● EXERCISE BRIEF: Return, from the data below, each line that contains the word "lookup".
**** PROVIDED DATA
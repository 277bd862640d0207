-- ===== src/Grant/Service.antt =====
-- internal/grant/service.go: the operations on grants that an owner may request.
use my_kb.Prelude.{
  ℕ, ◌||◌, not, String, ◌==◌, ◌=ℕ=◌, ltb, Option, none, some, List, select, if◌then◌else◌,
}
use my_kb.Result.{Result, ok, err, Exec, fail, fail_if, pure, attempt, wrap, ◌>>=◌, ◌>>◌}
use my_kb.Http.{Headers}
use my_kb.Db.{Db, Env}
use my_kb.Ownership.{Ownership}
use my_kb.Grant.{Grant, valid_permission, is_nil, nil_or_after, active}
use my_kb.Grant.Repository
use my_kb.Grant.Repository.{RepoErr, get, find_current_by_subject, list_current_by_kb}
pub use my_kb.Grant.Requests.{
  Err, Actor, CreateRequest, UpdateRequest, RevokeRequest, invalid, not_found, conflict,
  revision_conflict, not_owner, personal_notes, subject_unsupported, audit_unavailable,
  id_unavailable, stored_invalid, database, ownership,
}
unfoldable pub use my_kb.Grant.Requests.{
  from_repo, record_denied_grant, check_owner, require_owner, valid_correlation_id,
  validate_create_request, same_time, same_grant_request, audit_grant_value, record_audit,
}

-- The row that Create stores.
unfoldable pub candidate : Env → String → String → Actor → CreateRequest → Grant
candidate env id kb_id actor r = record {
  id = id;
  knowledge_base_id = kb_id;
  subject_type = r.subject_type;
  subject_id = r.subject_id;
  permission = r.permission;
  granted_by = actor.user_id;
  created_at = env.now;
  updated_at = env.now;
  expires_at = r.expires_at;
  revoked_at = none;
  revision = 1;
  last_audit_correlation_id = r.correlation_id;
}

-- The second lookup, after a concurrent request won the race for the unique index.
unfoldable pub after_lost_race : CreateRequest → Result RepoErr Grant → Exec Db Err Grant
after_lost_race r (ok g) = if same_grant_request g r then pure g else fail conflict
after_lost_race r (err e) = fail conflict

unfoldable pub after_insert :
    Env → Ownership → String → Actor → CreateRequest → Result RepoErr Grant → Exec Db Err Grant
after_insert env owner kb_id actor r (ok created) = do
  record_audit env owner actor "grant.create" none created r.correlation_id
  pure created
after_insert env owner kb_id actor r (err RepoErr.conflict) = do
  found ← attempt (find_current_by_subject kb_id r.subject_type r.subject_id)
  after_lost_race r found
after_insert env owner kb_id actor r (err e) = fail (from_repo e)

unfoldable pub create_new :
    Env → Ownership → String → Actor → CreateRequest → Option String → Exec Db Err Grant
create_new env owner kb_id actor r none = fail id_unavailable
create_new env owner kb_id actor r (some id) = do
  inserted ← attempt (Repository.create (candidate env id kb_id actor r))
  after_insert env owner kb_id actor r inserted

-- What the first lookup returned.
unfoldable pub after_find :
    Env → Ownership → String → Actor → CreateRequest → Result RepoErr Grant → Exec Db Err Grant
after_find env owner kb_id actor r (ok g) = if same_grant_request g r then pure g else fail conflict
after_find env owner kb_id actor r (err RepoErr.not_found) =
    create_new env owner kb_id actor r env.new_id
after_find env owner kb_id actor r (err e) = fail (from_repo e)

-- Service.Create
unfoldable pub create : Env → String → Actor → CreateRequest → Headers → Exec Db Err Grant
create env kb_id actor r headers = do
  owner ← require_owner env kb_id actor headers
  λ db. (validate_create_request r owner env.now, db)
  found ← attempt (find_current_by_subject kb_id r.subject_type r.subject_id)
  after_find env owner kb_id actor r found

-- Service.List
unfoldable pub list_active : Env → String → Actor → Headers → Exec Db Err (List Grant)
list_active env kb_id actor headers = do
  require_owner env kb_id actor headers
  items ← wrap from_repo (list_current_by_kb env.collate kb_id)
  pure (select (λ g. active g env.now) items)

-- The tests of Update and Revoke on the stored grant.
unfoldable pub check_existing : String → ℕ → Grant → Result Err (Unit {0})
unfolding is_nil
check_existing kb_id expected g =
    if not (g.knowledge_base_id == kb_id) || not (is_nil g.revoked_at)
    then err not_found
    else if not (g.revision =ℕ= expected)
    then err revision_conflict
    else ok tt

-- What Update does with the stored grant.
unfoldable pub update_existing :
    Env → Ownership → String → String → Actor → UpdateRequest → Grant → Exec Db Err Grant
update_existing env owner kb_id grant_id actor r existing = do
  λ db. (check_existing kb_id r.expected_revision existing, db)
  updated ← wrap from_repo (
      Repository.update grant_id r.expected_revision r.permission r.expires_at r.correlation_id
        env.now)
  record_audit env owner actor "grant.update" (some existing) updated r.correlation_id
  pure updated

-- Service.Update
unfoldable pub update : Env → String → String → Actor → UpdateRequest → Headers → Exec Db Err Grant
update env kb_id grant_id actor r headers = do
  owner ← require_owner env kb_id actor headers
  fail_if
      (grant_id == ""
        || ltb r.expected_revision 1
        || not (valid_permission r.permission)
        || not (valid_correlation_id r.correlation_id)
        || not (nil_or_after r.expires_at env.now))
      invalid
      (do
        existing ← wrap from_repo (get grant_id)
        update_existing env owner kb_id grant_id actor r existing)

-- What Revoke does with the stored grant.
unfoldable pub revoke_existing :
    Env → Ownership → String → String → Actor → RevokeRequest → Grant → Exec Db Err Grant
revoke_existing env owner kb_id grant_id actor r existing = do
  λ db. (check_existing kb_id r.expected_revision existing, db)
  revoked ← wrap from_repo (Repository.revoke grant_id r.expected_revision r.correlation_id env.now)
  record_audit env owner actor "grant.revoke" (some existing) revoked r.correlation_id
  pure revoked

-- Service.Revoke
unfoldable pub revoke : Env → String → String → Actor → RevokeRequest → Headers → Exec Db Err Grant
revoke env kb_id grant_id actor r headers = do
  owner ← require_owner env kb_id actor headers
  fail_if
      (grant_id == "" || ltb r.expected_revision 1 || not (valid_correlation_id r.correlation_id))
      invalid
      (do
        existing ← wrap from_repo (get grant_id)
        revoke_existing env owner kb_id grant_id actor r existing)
********
● EXERCISE RESPONSE:
-- The second lookup, after a concurrent request won the race for the unique index.
-- What the first lookup returned.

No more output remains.